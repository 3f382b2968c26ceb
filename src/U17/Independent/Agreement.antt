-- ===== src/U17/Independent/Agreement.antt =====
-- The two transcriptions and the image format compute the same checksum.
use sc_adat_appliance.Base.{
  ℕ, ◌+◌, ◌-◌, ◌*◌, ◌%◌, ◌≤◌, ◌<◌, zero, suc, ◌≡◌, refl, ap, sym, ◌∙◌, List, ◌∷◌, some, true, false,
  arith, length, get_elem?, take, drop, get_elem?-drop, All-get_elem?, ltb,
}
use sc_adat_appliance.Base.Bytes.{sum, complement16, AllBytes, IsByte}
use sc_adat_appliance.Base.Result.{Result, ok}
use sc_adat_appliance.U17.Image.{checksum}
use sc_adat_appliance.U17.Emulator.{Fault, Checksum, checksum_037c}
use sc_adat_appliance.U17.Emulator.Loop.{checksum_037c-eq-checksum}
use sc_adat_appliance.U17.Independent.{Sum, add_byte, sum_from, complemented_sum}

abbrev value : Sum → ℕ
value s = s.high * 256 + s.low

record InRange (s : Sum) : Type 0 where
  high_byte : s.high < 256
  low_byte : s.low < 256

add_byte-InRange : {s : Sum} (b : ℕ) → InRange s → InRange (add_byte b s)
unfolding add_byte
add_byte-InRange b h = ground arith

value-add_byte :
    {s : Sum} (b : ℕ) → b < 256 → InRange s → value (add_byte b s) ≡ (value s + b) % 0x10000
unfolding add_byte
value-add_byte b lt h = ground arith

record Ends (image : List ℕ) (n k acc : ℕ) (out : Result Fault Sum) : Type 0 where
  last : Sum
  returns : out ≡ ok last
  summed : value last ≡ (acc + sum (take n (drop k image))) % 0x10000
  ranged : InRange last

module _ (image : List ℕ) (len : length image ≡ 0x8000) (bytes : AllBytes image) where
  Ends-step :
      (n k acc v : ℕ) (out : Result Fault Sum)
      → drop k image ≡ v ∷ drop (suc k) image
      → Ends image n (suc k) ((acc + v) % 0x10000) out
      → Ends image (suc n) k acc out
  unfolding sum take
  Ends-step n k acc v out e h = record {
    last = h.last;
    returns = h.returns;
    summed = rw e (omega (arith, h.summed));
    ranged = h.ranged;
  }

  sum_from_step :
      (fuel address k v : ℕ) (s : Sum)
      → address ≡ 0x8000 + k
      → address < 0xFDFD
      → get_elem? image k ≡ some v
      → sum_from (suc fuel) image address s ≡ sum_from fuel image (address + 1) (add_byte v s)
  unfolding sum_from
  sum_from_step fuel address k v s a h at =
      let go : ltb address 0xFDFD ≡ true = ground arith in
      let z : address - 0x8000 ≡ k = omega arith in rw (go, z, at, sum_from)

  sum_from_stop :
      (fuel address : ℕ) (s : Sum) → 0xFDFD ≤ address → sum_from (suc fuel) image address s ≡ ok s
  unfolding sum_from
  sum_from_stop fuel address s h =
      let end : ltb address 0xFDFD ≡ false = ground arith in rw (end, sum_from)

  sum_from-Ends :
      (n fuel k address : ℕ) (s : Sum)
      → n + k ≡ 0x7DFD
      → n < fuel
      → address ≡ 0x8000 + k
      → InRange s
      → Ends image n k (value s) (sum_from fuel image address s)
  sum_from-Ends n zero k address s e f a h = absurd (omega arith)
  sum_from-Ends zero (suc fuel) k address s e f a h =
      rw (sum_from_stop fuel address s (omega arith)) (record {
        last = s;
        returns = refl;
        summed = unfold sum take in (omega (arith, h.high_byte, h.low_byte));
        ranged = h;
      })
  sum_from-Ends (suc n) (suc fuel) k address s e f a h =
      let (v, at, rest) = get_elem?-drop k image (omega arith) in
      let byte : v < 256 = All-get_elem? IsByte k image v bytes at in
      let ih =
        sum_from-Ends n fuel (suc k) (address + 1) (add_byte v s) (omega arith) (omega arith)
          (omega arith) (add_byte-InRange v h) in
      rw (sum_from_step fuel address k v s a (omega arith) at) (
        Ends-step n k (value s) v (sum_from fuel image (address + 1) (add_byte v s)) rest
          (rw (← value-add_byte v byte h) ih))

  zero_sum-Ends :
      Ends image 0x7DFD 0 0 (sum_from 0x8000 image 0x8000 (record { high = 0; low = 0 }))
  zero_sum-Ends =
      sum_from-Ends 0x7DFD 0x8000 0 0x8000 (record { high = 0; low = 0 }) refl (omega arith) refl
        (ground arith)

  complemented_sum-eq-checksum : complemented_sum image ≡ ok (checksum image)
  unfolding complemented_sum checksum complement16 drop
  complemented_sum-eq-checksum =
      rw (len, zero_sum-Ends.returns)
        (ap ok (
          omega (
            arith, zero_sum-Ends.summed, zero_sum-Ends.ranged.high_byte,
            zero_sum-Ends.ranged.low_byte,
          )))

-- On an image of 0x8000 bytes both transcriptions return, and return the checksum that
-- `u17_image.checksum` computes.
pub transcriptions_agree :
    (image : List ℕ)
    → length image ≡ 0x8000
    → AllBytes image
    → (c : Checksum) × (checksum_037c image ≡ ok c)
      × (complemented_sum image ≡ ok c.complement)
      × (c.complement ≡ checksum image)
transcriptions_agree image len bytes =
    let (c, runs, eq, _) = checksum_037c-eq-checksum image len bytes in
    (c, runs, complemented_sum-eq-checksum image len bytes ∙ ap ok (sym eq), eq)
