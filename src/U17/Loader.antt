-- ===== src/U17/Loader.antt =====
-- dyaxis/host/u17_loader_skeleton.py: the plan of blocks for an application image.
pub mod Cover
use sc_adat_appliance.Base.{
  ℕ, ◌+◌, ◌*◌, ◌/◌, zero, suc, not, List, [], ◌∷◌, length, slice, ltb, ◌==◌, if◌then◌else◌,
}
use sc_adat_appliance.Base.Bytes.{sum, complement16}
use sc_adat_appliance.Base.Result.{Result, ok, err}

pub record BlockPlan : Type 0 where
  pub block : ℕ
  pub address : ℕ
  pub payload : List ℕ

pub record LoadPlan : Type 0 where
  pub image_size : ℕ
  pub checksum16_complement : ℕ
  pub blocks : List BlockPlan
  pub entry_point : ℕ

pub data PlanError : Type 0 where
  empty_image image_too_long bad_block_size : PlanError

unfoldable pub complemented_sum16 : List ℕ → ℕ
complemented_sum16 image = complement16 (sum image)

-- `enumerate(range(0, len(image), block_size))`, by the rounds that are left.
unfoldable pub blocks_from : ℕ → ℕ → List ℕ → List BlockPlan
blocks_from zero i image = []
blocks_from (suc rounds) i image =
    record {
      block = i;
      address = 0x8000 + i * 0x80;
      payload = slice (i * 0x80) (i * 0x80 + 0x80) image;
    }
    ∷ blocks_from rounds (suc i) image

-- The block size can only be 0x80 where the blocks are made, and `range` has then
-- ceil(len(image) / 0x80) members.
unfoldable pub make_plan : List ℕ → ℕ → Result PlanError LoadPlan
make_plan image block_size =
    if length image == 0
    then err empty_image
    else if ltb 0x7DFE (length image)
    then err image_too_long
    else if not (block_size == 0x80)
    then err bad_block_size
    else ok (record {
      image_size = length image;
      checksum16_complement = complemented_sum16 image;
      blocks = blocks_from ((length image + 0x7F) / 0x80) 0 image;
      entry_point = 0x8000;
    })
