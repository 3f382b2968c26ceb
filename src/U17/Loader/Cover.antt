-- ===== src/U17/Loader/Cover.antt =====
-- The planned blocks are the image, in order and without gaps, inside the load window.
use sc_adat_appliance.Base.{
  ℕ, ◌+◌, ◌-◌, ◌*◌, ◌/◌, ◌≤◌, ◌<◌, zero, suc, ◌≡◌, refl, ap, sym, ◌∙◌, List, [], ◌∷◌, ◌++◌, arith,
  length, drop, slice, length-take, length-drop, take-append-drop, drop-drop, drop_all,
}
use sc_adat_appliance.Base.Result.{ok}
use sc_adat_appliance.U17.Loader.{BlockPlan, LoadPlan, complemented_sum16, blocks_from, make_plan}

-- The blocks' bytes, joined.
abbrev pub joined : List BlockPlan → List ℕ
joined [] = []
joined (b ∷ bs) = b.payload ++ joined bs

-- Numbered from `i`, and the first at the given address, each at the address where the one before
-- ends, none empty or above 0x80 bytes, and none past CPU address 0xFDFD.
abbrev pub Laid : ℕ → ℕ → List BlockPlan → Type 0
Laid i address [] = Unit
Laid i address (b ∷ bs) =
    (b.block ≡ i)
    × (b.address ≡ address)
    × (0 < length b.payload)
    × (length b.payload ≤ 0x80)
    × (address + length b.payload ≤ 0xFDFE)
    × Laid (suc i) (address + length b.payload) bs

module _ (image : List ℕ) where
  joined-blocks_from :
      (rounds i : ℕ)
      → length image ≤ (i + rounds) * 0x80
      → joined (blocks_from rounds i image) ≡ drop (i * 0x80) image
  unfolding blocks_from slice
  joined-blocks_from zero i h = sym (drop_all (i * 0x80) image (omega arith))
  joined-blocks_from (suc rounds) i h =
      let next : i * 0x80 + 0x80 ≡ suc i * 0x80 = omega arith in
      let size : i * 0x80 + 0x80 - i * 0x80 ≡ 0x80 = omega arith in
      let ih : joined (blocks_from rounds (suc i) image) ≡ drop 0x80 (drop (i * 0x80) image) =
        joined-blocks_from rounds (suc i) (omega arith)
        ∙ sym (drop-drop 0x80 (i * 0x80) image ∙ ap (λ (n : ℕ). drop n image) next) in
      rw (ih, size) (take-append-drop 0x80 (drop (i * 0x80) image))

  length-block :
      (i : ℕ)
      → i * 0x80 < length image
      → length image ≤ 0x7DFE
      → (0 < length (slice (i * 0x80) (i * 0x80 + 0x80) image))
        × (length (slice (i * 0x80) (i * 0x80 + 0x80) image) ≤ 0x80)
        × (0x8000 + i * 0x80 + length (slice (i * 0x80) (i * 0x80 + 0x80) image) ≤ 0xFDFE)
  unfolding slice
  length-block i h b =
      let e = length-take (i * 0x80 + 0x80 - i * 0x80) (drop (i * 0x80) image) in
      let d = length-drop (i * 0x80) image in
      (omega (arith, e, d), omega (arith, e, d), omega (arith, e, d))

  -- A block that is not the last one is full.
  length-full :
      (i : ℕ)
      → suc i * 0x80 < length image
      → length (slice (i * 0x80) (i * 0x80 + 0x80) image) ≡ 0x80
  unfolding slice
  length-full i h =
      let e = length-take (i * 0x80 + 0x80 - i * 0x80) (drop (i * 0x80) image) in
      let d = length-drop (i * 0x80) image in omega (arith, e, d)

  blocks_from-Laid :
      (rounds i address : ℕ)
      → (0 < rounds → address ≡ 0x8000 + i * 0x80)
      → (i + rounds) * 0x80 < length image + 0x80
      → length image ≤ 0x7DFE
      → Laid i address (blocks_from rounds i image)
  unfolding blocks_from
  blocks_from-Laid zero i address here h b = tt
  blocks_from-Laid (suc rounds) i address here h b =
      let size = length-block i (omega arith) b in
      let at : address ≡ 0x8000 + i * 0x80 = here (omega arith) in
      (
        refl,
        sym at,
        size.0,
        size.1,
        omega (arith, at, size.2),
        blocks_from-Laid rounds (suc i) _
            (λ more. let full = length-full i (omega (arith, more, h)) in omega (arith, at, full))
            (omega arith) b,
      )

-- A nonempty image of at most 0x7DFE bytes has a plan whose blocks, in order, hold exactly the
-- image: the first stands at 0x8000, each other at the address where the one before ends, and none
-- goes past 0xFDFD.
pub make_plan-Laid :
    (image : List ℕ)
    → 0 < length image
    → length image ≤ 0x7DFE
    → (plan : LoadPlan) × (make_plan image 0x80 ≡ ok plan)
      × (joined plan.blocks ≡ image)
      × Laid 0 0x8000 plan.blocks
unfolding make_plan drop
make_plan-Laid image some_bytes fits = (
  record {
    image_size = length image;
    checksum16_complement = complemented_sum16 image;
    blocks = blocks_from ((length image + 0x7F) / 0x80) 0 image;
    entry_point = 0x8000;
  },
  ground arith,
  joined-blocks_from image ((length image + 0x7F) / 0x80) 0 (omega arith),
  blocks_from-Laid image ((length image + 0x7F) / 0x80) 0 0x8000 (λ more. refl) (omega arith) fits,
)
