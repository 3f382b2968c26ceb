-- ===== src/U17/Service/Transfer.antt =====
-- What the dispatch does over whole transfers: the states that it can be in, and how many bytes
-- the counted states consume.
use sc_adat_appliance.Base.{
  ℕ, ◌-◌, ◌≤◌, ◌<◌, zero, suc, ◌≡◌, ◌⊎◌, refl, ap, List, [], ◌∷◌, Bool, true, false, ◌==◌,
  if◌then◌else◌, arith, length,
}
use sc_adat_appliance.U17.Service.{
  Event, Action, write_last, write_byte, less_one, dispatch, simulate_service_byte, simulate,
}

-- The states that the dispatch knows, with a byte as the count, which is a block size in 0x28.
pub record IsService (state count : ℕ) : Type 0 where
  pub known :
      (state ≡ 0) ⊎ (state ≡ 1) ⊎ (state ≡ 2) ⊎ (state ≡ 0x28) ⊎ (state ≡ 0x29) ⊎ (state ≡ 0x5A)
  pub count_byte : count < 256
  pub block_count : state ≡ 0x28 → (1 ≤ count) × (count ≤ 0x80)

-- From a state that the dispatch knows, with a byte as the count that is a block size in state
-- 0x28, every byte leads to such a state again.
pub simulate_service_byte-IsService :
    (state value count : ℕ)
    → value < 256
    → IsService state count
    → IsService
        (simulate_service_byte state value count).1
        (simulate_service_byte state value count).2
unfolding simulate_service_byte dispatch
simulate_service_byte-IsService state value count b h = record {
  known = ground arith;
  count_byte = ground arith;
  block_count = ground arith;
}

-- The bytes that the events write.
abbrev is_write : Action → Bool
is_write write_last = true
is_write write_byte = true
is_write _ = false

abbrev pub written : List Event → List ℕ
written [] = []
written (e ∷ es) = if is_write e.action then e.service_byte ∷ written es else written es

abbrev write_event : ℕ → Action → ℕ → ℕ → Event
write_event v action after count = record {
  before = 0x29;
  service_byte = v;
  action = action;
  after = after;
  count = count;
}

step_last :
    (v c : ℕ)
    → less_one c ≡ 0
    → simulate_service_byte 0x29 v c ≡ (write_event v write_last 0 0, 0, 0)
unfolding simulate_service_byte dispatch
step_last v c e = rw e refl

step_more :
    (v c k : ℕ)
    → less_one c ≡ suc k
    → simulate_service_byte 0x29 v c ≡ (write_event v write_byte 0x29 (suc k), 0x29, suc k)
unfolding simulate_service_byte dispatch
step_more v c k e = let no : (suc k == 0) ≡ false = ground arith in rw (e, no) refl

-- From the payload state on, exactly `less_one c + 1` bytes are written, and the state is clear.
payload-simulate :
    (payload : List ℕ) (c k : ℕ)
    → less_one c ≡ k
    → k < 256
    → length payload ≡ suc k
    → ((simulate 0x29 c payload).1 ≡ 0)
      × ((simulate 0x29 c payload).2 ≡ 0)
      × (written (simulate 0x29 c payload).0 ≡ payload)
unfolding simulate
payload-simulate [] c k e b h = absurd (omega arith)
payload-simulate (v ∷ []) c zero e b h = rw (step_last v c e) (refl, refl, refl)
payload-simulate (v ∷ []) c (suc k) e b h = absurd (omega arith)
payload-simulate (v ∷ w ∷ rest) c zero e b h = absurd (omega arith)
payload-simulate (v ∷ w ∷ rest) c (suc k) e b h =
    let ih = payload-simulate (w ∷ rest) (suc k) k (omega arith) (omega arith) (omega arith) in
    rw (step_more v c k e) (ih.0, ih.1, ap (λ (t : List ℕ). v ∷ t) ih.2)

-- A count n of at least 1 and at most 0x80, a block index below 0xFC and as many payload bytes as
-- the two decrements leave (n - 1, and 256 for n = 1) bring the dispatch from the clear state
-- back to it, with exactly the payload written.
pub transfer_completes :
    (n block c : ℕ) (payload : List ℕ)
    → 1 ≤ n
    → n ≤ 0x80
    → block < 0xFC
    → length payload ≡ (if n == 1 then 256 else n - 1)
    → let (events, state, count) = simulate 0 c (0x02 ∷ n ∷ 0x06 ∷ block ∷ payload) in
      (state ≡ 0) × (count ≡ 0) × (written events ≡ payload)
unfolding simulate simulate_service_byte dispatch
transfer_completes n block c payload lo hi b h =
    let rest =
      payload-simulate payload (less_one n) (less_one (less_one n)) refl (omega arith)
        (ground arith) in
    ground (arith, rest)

==========

## Your assignment
In your answer, include only the lines above starting at the line that holds "ranged : InRange last" and ending at the line that holds "sum_from_step fuel address k v s a h", copied exactly.

## The completed task
  ranged : InRange last

module _ (image : List ℕ) (len : length image ≡ 0x8000) (bytes : AllBytes image) where
  Ends-step :
      (n k acc v : ℕ) (out : Result Fault Sum)
      → drop k image ≡ v ∷ drop (suc k) image
      → Ends image n (suc k) ((acc + v) % 0x10000) out
      → Ends image (suc n) k acc out
  unfolding sum take
  Ends-step n k acc v out e h = record {
    last = h.last;
    returns = h.returns;
    summed = rw e (omega (arith, h.summed));
    ranged = h.ranged;
  }

  sum_from_step :
      (fuel address k v : ℕ) (s : Sum)
      → address ≡ 0x8000 + k
      → address < 0xFDFD
      → get_elem? image k ≡ some v
      → sum_from (suc fuel) image address s ≡ sum_from fuel image (address + 1) (add_byte v s)
  unfolding sum_from
  sum_from_step fuel address k v s a h at =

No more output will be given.